— Records for the exercise —
-- ===== src/Wire/Shapes/Sound.antt =====
-- What a guard accepts has the type that it claims: theorems on Wire/Client.antt.
use bili_sync_play.Prelude.{Bool, Option, String, false, none, some, true, ◌≡◌}
use bili_sync_play.Wire.{Json, field}
use bili_sync_play.Wire.Client.{
  display_name_max_length, is_client_hello_payload, is_client_message, is_create_room_message,
  is_join_room_message, is_join_room_payload, is_leave_room_message, is_leave_room_payload,
  is_playback_state, is_playback_update_message, is_playback_update_payload,
  is_profile_update_message, is_profile_update_payload, is_share_video_message,
  is_share_video_payload, is_shared_video, is_sync_ping_message, is_sync_ping_payload,
  is_sync_request_payload, is_sync_request_message, title_max_length, url_max_length,
}
use bili_sync_play.Wire.Shapes.{
  client_hello_type, join_payload_type, leave_payload_type, profile_payload_type,
  playback_payload_type, share_payload_type, request_payload_type, ping_payload_type,
  client_message_types, create_room_type, has_shape, holds, is_of, join_room_type, leave_room_type,
  playback_state_type, playback_update_type, profile_update_type, share_video_type,
  shared_video_type, sync_ping_type, sync_request_type,
}
use bili_sync_play.Wire.Shapes.Parts.{
  token-text, room_code-text, bounded-text, finite-number, text-literal, optional,
  optional_integer-number, both, skip, kept, playback_state-shape, optional_bounded-text,
  optional_token-text, branch, inside,
}

create_room-shape :
    (o : Option Json)
    → is_create_room_message o ≡ true
    → holds (has_shape create_room_type) o ≡ true
unfolding is_create_room_message is_client_hello_payload has_shape
create_room-shape none = λ h. cc
create_room-shape (some v) = both kept (
    both (text-literal "room:create" (field "type" (some v))) (
      both
        (optional is_client_hello_payload client_hello_type (field "payload" (some v))
          (payload (field "payload" (some v))))
        kept))
  where
    payload :
        (o : Option Json)
        → is_client_hello_payload o ≡ true
        → holds (has_shape client_hello_type) o ≡ true
    payload none = λ h. cc
    payload (some p) = both kept (
        both (optional_bounded-text (field "displayName" (some p)) display_name_max_length)
          (both (optional_integer-number (field "protocolVersion" (some p))) kept))

join_room-shape :
    (o : Option Json) → is_join_room_message o ≡ true → holds (has_shape join_room_type) o ≡ true
unfolding is_join_room_message is_join_room_payload has_shape
join_room-shape none = λ h. cc
join_room-shape (some v) = both kept (
    both (text-literal "room:join" (field "type" (some v)))
      (both (payload (field "payload" (some v))) kept))
  where
    payload :
        (o : Option Json)
        → is_join_room_payload o ≡ true
        → holds (has_shape join_payload_type) o ≡ true
    payload none = λ h. cc
    payload (some p) = both kept (
        both (room_code-text (field "roomCode" (some p))) (
          both (token-text (field "joinToken" (some p))) (
            both (optional_token-text (field "memberToken" (some p))) (
              both (optional_bounded-text (field "displayName" (some p)) display_name_max_length)
                (both (optional_integer-number (field "protocolVersion" (some p))) kept)))))

profile_update-shape :
    (o : Option Json)
    → is_profile_update_message o ≡ true
    → holds (has_shape profile_update_type) o ≡ true
unfolding is_profile_update_message is_profile_update_payload has_shape
profile_update-shape none = λ h. cc
profile_update-shape (some v) = both kept (
    both (text-literal "profile:update" (field "type" (some v)))
      (both (payload (field "payload" (some v))) kept))
  where
    payload :
        (o : Option Json)
        → is_profile_update_payload o ≡ true
        → holds (has_shape profile_payload_type) o ≡ true
    payload none = λ h. cc
    payload (some p) = both kept (
        both (token-text (field "memberToken" (some p)))
          (both (bounded-text (field "displayName" (some p)) display_name_max_length) kept))

leave_room-shape :
    (o : Option Json) → is_leave_room_message o ≡ true → holds (has_shape leave_room_type) o ≡ true
unfolding is_leave_room_message is_leave_room_payload has_shape
leave_room-shape none = λ h. cc
leave_room-shape (some v) = both kept (
    both (text-literal "room:leave" (field "type" (some v))) (
      both
        (optional is_leave_room_payload leave_payload_type (field "payload" (some v))
          (payload (field "payload" (some v))))
        kept))
  where
    payload :
        (o : Option Json)
        → is_leave_room_payload o ≡ true
        → holds (has_shape leave_payload_type) o ≡ true
    payload none = λ h. cc
    payload (some p) = both kept (both (optional_token-text (field "memberToken" (some p))) kept)

playback_update-shape :
    (o : Option Json)
    → is_playback_update_message o ≡ true
    → holds (has_shape playback_update_type) o ≡ true
unfolding is_playback_update_message is_playback_update_payload has_shape
playback_update-shape none = λ h. cc
playback_update-shape (some v) = both kept (
    both (text-literal "playback:update" (field "type" (some v)))
      (both (payload (field "payload" (some v))) kept))
  where
    payload :
        (o : Option Json)
        → is_playback_update_payload o ≡ true
        → holds (has_shape playback_payload_type) o ≡ true
    payload none = λ h. cc
    payload (some p) = both kept (
        both (token-text (field "memberToken" (some p)))
          (both (playback_state-shape (field "playback" (some p))) kept))

sync_request-shape :
    (o : Option Json)
    → is_sync_request_message o ≡ true
    → holds (has_shape sync_request_type) o ≡ true
unfolding is_sync_request_message has_shape
sync_request-shape none = λ h. cc
sync_request-shape (some v) = both kept (
    both (text-literal "sync:request" (field "type" (some v)))
      (both (payload (field "payload" (some v))) kept))
  where
    payload :
        (o : Option Json)
        → is_sync_request_payload o ≡ true
        → holds (has_shape request_payload_type) o ≡ true
    payload none = λ h. cc
    payload (some p) = both kept (both (token-text (field "memberToken" (some p))) kept)

sync_ping-shape :
    (o : Option Json) → is_sync_ping_message o ≡ true → holds (has_shape sync_ping_type) o ≡ true
unfolding is_sync_ping_message has_shape
sync_ping-shape none = λ h. cc
sync_ping-shape (some v) = both kept (
    both (text-literal "sync:ping" (field "type" (some v)))
      (both (payload (field "payload" (some v))) kept))
  where
    payload :
        (o : Option Json)
        → is_sync_ping_payload o ≡ true
        → holds (has_shape ping_payload_type) o ≡ true
    payload none = λ h. cc
    payload (some p) = both kept (both (finite-number (field "clientSendTime" (some p))) kept)

module _ (is_bilibili_ref : String → Bool) where
  shared_video-shape :
      (o : Option Json)
      → is_shared_video is_bilibili_ref o ≡ true
      → holds (has_shape shared_video_type) o ≡ true
  unfolding is_shared_video has_shape
  shared_video-shape none = λ h. cc
  shared_video-shape (some v) =
      let f = λ (name : String). field name (some v) in
      both kept (
        both (bounded-text (f "videoId") title_max_length) (
          skip _ (
            both (bounded-text (f "url") url_max_length) (
              skip _ (
                both (bounded-text (f "title") title_max_length) (
                  both (optional_bounded-text (f "sharedByMemberId") display_name_max_length) (
                    skip _ (
                      both (optional_bounded-text (f "sharedByDisplayName") display_name_max_length)
                        kept))))))))

  share_video-shape :
      (o : Option Json)
      → is_share_video_message is_bilibili_ref o ≡ true
      → holds (has_shape share_video_type) o ≡ true
  unfolding is_share_video_message is_share_video_payload has_shape
  share_video-shape none = λ h. cc
  share_video-shape (some v) = both kept (
      both (text-literal "video:share" (field "type" (some v)))
        (both (payload (field "payload" (some v))) kept))
    where
      payload :
          (o : Option Json)
          → is_share_video_payload is_bilibili_ref o ≡ true
          → holds (has_shape share_payload_type) o ≡ true
      payload none = λ h. cc
      payload (some p) = both kept (
          both (token-text (field "memberToken" (some p))) (
            both (shared_video-shape (field "video" (some p))) (
              both
                (optional is_playback_state playback_state_type (field "playback" (some p))
                  (playback_state-shape (field "playback" (some p))))
                kept)))

  -- Whatever JSON value the server takes for a message of a client has one of the eight types that the
  -- protocol declares: each field that must be there is there, and each field has its type, however
  -- deep it lies.
  pub is_client_message_sound :
      (value : Option Json)
      → is_client_message is_bilibili_ref value ≡ true
      → is_of client_message_types value ≡ true
  unfolding is_client_message
  is_client_message_sound o h =
      branch _ (create_room-shape o)
        (branch _ (join_room-shape o) (
          branch _ (profile_update-shape o) (
            branch _ (leave_room-shape o) (
              branch _ (share_video-shape o) (
                branch _ (playback_update-shape o) (
                  branch _ (sync_request-shape o)
                    (branch {w = false} _ (sync_ping-shape o) kept)))))))
        (inside _ h)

— Task requirements —
Beginning with the line above that contains "(value : Option Json)", copy each line exactly up to and including the line that contains "branch _ (profile_update-shape", and go no further.

— Response box —
      (value : Option Json)
      → is_client_message is_bilibili_ref value ≡ true
      → is_of client_message_types value ≡ true
  unfolding is_client_message
  is_client_message_sound o h =
      branch _ (create_room-shape o)
        (branch _ (join_room-shape o) (
          branch _ (profile_update-shape o) (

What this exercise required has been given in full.